> _WORK INSTRUCTIONS_: Restate word for word the entries below, starting with the line with "identifier = identifier;" and continuing through the line with "reach_7 = (refl, λ r e. ground arith)". Include both of those lines and no others.

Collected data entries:
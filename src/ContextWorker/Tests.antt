-- ===== src/ContextWorker/Tests.antt =====
-- A worker with one event of each kind, and the theorems of the worker on it.
pub mod Moves
pub mod Sent
use process_manager_service.Prelude.{
  Returns, Bytes, List, Option, Outcome, [], arith, ends_with, if◌then◌else◌, none, refl, returned,
  some, threw, true, ℕ, ◌++◌, ◌+◌, ◌==◌, ◌>>=◌, ◌∷◌, ◌≡◌,
}
use process_manager_service.Event.{subscription_handle, Any, MessageEvent, Subscription}
use process_manager_service.MessageEventsCache
use process_manager_service.MessageEventsCache.Trigger
use process_manager_service.SubscriptionEventsCache
use process_manager_service.MongoModulesCollection.{
  Document, ModuleRecord, QueryException, int32, utf8, view_to_module_record, get_module,
}
use process_manager_service.ContextWorker.{
  fatal_copy, module_request, service_request, service_response, ServiceMessage, Environment,
  ContextWorker, bound, read_error, datagram, new_worker, start_read, complete_read, run,
  message_from,
}
use process_manager_service.ContextWorker.Reads.{IsReading, run_read_error}
use process_manager_service.ContextWorker.Answers.{complete_read_forwards, complete_read_fatal}
use process_manager_service.ContextWorker.Serves.{IsHealthy, Serving, run-Serving}
use process_manager_service.ContextWorker.Forwarding.{IsReachable, forwarded}

abbrev pub gps : Any
gps = record { type_url = 71 ∷ []; value = 1 ∷ [] }

abbrev pub answer : Any
answer = record { type_url = 65 ∷ []; value = 2 ∷ [] }

abbrev pub gps_request : ServiceMessage
gps_request = record {
  sender_identifier = 7;
  operation_code = module_request;
  transaction_code = 5;
  request = some gps;
  subscription_request = none;
}

abbrev gps_subscription : ServiceMessage
gps_subscription = record gps_request { request = none; subscription_request = some (71 ∷ []) }

abbrev response : ServiceMessage
response = record gps_request { operation_code = service_response }

abbrev parse : Bytes → Option ServiceMessage
parse [] = none
parse (b ∷ bytes) =
    if b == 1 then some gps_request else if b == 2 then some gps_subscription else some response

-- Module 7 has an address and module 8 one that is none; there is no other module.
abbrev document : ℕ → Bytes → Document
document identifier address = record {
  module_identifier = int32 identifier;
  connection_state = int32 1;
  ip_address = utf8 address;
  port = int32 4000;
}

abbrev find_one : ℕ → Outcome QueryException (Option Document)
find_one n =
    returned (
      if n == 7 then some (document 7 (49 ∷ [])) else if n == 8 then some (document 8 []) else none)

abbrev record_of : ℕ → Bytes → ModuleRecord
record_of identifier address = record {
  port = 4000;
  identifier = identifier;
  connection_state = 1;
  ip_address = address;
}

abbrev found : ℕ → Option ModuleRecord
found n =
    if n == 7 then some (record_of 7 (49 ∷ [])) else if n == 8 then some (record_of 8 []) else none

abbrev endpoint : Bytes → ℕ → Option ℕ
endpoint [] port = none
endpoint (b ∷ bytes) port = some port

abbrev pub env : Environment ℕ
env = record {
  service_identifier = 3;
  parse_from_string = parse;
  sends_at_once = true;
  get_client = returned find_one;
  endpoint = endpoint;
}

reach_7 : IsReachable env find_one found (λ r. r.port) 7
unfolding get_module view_to_module_record
reach_7 = (refl, λ r e. ground arith)

reach_6 : IsReachable env find_one found (λ r. r.port) 6
unfolding get_module
reach_6 = (refl, λ r e. ground arith)

-- The callbacks count their calls; this one gives no response.
abbrev pub silent : MessageEvent ℕ ℕ
silent = record {
  callback = some (record { validate = λ any w. (true, w); run = λ sender any w. (none, w + 1) });
}

abbrev answering : MessageEvent ℕ ℕ
answering = record {
  callback =
      some (record { validate = λ any w. (true, w); run = λ sender any w. (some answer, w + 1) });
}

abbrev forwarding : List ℕ → Subscription ℕ
forwarding subscribers = record {
  id = 0;
  message_type = 71 ∷ [];
  subscribers = subscribers;
  event = record { callback = some (record { run = λ any w. (some any, w + 1) }) };
}

abbrev pub worker : List ℕ → ContextWorker ℕ ℕ
worker subscribers = start_read (
    new_worker bound (record { events = (0, silent) ∷ [] })
      (record { events = forwarding subscribers ∷ [] }) 0)

pub worker-IsReading : (subscribers : List ℕ) → IsReading (worker subscribers)
unfolding start_read new_worker
worker-IsReading subscribers = (refl, refl)

-- A module subscribes, and a request of the subscribed type is forwarded.
abbrev pub subscribed_and_forwarded : List (ℕ × ServiceMessage)
subscribed_and_forwarded = (4000, message_from 3 service_request 19 (some gps)) ∷ []

pub run_subscribes :
    run env (datagram (2 ∷ []) 90 ∷ datagram (1 ∷ []) 90 ∷ []) (worker [])
    ≡ returned (record (worker (7 ∷ [])) { world = 2; sent = subscribed_and_forwarded })
unfolding run SubscriptionEventsCache.trigger_message_handlers
    SubscriptionEventsCache.add_subscriber MessageEventsCache.trigger_message_handlers get_module
    new_worker start_read MessageEventsCache.trigger_events MessageEventsCache.trigger_event
    SubscriptionEventsCache.trigger_events SubscriptionEventsCache.trigger_event ends_with
    SubscriptionEventsCache.trigger_subscribers subscription_handle
run_subscribes = refl

run_read_error_example :
    run env (datagram (2 ∷ []) 90 ∷ read_error ∷ datagram (1 ∷ []) 90 ∷ []) (worker [])
    ≡ (run env (datagram (2 ∷ []) 90 ∷ []) (worker []) >>= λ c'. returned (record c' { reads = 0 }))
run_read_error_example =
    run_read_error env (datagram (2 ∷ []) 90 ∷ []) (datagram (1 ∷ []) 90 ∷ []) (worker [])
      (worker-IsReading []) refl

-- The request of module 7 is forwarded to the subscribers 7 and 6, of which 6 is in no record.
complete_read_forwards_example :
    complete_read env (datagram (1 ∷ []) 90) (worker (7 ∷ 6 ∷ []))
    ≡ returned (record (worker (7 ∷ 6 ∷ [])) {
      world = 3;
      sent =
          (worker (7 ∷ 6 ∷ [])).sent
          ++ forwarded env find_one found (λ r. r.port) ((7, gps) ∷ (6, gps) ∷ []);
    })
complete_read_forwards_example =
    complete_read_forwards env find_one found (λ r. r.port) gps (worker (7 ∷ 6 ∷ []))
      ((7, gps) ∷ (6, gps) ∷ []) 1 3 (unfold new_worker start_read in refl) refl refl
      (unfold new_worker start_read SubscriptionEventsCache.trigger_message_handlers
          SubscriptionEventsCache.trigger_events SubscriptionEventsCache.trigger_event ends_with
          SubscriptionEventsCache.trigger_subscribers subscription_handle in
        refl)
      (reach_7, (reach_6, tt)) (1 ∷ []) 90 gps_request (worker-IsReading (7 ∷ 6 ∷ []))
      (unfold new_worker start_read in refl) refl refl
      (unfold new_worker start_read MessageEventsCache.trigger_message_handlers
          MessageEventsCache.trigger_events MessageEventsCache.trigger_event in
        refl)

abbrev answering_worker : ContextWorker ℕ ℕ
answering_worker = record (worker []) { message_events = record { events = (0, answering) ∷ [] } }

complete_read_fatal_example :
    complete_read env (datagram (1 ∷ []) 90) answering_worker ≡ threw fatal_copy
complete_read_fatal_example =
    complete_read_fatal env (1 ∷ []) 90 gps_request gps answering_worker answer [] 1
      (worker-IsReading []) (unfold new_worker start_read in refl) refl refl
      (unfold new_worker start_read MessageEventsCache.trigger_message_handlers
          MessageEventsCache.trigger_events MessageEventsCache.trigger_event in
        refl)

-- Only module 7 is in the database.
abbrev pub find_seven : ℕ → Outcome QueryException (Option Document)
find_seven n = returned (if n == 7 then some (document 7 (49 ∷ [])) else none)

abbrev pub found_seven : ℕ → Option ModuleRecord
found_seven n = if n == 7 then some (record_of 7 (49 ∷ [])) else none

abbrev pub healthy_env : Environment ℕ
healthy_env = record env { get_client = returned find_seven }

pub reach_all : (n : ℕ) → IsReachable healthy_env find_seven found_seven (λ r. r.port) n
unfolding get_module view_to_module_record
reach_all n = (ground arith, λ r e. ground arith)

pub silent-IsHealthy :
    IsHealthy healthy_env find_seven found_seven
      (λ r. r.port)
      (record { events = (0, silent) ∷ [] })
unfolding MessageEventsCache.Trigger.answers MessageEventsCache.Trigger.answer
silent-IsHealthy = (refl, reach_all, λ sender any w. refl, refl)

run-Serving_example :
    Returns
      (run healthy_env
        (datagram (2 ∷ []) 90 ∷ datagram (1 ∷ []) 90 ∷ datagram [] 90 ∷ [])
        (worker (6 ∷ [])))
      (Serving (record { events = (0, silent) ∷ [] }))
run-Serving_example =
    run-Serving healthy_env find_seven found_seven (λ r. r.port)
      (record { events = (0, silent) ∷ [] }) silent-IsHealthy
      (datagram (2 ∷ []) 90 ∷ datagram (1 ∷ []) 90 ∷ datagram [] 90 ∷ []) (worker (6 ∷ []))
      (
        worker-IsReading (6 ∷ []),
        unfold new_worker start_read in ((_, refl), tt),
        unfold new_worker start_read in refl,
      )
      refl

> _EXERCISE SOLUTION_:
  identifier = identifier;
  connection_state = 1;
  ip_address = address;
}

abbrev found : ℕ → Option ModuleRecord
found n =
    if n == 7 then some (record_of 7 (49 ∷ [])) else if n == 8 then some (record_of 8 []) else none

abbrev endpoint : Bytes → ℕ → Option ℕ
endpoint [] port = none
endpoint (b ∷ bytes) port = some port

abbrev pub env : Environment ℕ
env = record {
  service_identifier = 3;
  parse_from_string = parse;
  sends_at_once = true;
  get_client = returned find_one;
  endpoint = endpoint;
}

reach_7 : IsReachable env find_one found (λ r. r.port) 7
unfolding get_module view_to_module_record
reach_7 = (refl, λ r e. ground arith)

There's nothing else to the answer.